» Instructions to follow
Set down exactly the lines in the records below that run from the line with "(parse_uuid : Text → Option ℕ) (now" to the line with "unfolding reject_payment_request", inclusive, and nothing more.

____ Source material

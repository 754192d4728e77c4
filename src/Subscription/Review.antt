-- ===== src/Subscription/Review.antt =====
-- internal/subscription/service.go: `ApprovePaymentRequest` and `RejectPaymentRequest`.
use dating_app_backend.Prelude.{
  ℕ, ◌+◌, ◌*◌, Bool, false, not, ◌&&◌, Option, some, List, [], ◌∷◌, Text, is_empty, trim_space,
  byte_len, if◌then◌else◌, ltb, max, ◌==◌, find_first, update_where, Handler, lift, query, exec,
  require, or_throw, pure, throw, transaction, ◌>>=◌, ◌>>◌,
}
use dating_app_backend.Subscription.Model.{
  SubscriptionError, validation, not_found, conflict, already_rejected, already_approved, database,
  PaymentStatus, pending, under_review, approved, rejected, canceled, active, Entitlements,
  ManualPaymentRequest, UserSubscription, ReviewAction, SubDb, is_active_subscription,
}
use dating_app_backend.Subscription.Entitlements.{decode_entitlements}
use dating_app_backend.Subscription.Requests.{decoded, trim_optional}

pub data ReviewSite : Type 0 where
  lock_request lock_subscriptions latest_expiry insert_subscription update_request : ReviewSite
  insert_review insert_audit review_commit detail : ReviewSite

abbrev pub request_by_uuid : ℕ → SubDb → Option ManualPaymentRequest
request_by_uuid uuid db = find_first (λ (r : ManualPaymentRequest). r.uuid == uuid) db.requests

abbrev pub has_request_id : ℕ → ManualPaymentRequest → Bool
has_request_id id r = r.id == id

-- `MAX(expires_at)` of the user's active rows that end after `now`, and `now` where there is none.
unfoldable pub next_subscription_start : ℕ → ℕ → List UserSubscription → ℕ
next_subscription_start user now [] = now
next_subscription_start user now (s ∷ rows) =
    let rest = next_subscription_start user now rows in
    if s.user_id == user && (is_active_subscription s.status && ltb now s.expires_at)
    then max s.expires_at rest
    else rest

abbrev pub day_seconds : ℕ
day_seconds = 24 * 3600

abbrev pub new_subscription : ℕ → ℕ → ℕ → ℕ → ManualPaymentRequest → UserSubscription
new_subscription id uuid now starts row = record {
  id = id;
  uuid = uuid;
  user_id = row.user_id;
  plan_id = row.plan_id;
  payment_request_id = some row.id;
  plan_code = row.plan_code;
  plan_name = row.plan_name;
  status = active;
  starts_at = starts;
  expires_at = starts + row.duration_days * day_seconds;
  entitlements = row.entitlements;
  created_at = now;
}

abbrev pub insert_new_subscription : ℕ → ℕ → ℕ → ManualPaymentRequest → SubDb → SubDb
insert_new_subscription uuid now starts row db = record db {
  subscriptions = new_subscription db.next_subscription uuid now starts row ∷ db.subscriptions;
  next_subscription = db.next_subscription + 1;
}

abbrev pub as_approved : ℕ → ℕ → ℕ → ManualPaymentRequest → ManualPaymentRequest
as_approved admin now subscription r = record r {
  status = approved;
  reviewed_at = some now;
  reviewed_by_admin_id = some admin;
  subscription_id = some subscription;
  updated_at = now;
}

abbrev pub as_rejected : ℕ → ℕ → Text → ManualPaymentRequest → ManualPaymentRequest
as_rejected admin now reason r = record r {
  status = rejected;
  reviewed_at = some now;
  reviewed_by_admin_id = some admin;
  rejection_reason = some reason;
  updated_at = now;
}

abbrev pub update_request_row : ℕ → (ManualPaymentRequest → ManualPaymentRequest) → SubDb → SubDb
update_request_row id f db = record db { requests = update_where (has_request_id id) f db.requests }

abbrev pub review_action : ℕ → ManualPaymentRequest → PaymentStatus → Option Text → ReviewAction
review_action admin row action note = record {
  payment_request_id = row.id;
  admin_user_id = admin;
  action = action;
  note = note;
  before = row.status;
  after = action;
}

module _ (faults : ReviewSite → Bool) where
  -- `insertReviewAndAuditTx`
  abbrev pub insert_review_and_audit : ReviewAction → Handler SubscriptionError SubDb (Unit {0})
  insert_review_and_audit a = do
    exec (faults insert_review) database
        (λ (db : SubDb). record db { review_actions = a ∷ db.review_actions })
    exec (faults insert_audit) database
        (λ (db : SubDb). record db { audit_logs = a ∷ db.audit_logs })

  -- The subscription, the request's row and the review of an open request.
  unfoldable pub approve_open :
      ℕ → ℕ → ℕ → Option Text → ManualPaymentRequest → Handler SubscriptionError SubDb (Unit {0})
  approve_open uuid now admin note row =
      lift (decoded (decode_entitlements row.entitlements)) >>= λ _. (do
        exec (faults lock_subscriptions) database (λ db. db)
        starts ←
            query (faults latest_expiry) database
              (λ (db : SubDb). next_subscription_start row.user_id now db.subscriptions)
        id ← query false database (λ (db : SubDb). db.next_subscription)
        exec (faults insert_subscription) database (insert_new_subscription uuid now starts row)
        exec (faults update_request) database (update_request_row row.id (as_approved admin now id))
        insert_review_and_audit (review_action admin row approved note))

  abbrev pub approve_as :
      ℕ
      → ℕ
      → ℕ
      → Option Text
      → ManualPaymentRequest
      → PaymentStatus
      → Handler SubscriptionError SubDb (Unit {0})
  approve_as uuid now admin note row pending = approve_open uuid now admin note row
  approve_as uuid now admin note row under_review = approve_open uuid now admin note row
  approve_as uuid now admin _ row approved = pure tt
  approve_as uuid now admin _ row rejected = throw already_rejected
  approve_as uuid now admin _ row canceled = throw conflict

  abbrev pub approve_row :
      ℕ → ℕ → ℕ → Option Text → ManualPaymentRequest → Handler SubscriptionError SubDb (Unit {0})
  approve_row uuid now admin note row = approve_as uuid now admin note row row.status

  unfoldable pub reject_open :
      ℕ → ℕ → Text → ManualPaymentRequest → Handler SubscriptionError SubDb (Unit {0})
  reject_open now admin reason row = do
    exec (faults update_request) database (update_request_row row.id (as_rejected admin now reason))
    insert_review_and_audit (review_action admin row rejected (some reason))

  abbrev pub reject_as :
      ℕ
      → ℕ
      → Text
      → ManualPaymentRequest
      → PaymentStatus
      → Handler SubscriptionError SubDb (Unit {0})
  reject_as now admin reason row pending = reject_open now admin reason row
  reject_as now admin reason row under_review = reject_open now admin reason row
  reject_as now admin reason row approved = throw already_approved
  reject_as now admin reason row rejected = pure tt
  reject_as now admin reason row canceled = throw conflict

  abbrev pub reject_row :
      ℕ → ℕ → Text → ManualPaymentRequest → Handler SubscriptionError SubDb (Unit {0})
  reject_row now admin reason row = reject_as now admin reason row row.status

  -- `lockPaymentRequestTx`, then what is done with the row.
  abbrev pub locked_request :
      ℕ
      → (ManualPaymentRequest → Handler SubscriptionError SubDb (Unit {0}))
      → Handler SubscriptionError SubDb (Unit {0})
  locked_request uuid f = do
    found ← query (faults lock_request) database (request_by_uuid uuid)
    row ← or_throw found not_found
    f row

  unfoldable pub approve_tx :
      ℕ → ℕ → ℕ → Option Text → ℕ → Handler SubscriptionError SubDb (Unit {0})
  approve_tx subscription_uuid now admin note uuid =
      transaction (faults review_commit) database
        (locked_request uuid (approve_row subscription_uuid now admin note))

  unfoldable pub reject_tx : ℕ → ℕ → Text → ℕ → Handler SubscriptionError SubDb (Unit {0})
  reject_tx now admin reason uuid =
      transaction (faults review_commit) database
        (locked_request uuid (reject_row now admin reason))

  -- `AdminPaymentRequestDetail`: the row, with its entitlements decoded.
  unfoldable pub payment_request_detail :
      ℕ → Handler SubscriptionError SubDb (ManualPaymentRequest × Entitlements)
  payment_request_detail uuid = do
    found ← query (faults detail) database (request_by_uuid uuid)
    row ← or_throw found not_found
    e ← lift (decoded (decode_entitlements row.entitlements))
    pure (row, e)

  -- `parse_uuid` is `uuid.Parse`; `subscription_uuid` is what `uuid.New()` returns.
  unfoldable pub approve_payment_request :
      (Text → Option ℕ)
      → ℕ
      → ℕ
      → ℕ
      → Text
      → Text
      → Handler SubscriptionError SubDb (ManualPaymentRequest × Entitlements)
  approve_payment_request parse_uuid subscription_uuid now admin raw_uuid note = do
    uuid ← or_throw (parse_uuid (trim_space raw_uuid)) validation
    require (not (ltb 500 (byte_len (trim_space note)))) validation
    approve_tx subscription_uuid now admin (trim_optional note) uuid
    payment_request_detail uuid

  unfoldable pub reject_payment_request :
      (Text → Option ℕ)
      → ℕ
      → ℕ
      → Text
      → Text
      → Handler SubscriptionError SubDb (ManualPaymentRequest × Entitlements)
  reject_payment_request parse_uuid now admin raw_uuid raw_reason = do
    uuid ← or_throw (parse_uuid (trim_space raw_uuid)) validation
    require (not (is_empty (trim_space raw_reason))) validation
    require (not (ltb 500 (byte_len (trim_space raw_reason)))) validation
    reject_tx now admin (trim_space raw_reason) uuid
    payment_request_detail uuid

________
____ Source material

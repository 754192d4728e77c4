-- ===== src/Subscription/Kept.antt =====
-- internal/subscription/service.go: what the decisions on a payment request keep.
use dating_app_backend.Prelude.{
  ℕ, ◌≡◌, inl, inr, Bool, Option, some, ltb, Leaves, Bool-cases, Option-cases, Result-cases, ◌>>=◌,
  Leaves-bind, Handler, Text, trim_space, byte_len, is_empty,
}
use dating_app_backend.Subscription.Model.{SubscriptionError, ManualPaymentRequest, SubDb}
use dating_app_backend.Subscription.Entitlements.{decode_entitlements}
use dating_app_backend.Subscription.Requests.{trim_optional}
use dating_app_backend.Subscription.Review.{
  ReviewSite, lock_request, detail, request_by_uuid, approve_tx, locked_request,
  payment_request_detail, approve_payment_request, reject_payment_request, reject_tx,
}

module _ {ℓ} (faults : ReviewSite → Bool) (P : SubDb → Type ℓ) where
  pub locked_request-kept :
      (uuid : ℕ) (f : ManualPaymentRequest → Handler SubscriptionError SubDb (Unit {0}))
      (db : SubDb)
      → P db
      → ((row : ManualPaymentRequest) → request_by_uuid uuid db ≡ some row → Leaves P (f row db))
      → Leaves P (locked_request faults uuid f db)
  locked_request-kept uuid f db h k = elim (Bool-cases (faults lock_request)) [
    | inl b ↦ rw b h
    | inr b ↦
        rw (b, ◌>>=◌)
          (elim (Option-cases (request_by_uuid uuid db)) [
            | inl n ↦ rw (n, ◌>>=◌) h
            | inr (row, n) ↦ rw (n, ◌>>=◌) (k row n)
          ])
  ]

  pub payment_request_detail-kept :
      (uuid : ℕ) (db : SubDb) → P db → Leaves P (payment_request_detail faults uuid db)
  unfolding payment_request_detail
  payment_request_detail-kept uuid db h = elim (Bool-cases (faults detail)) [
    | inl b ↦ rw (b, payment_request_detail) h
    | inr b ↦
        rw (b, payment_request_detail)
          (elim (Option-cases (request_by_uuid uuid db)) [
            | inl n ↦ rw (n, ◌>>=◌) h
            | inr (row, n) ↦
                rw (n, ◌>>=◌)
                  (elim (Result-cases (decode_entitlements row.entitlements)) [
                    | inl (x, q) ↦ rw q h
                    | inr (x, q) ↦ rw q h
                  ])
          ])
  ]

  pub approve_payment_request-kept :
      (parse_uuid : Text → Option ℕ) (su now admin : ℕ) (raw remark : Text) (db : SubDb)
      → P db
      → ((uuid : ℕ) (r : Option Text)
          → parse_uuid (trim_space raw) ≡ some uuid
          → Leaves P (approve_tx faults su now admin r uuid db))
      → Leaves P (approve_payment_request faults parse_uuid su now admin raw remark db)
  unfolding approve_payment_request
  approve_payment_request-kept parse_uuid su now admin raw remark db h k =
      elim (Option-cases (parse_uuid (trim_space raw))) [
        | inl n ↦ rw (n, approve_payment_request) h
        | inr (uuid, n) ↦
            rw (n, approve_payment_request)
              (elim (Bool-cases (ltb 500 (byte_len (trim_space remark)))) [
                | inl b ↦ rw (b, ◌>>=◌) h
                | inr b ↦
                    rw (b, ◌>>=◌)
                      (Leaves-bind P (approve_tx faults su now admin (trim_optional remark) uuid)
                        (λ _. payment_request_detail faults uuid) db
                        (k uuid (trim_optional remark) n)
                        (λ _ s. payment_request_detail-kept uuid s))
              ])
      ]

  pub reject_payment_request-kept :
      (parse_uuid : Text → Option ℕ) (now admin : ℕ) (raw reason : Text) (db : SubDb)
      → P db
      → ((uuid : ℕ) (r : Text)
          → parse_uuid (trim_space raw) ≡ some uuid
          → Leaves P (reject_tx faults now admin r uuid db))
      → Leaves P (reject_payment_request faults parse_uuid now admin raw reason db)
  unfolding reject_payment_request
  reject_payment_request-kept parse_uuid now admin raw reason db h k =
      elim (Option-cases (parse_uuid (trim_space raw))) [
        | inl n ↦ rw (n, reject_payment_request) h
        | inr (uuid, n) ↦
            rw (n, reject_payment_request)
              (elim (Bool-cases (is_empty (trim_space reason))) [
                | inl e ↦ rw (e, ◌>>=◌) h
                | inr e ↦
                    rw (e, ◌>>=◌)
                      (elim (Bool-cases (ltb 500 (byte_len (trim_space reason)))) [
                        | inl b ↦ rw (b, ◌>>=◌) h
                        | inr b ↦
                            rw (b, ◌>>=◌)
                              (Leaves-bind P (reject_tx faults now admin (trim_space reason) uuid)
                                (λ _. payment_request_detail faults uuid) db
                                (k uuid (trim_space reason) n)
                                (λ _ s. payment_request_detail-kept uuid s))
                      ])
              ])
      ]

________

» Solved exercise
      (parse_uuid : Text → Option ℕ) (now admin : ℕ) (raw reason : Text) (db : SubDb)
      → P db
      → ((uuid : ℕ) (r : Text)
          → parse_uuid (trim_space raw) ≡ some uuid
          → Leaves P (reject_tx faults now admin r uuid db))
      → Leaves P (reject_payment_request faults parse_uuid now admin raw reason db)
  unfolding reject_payment_request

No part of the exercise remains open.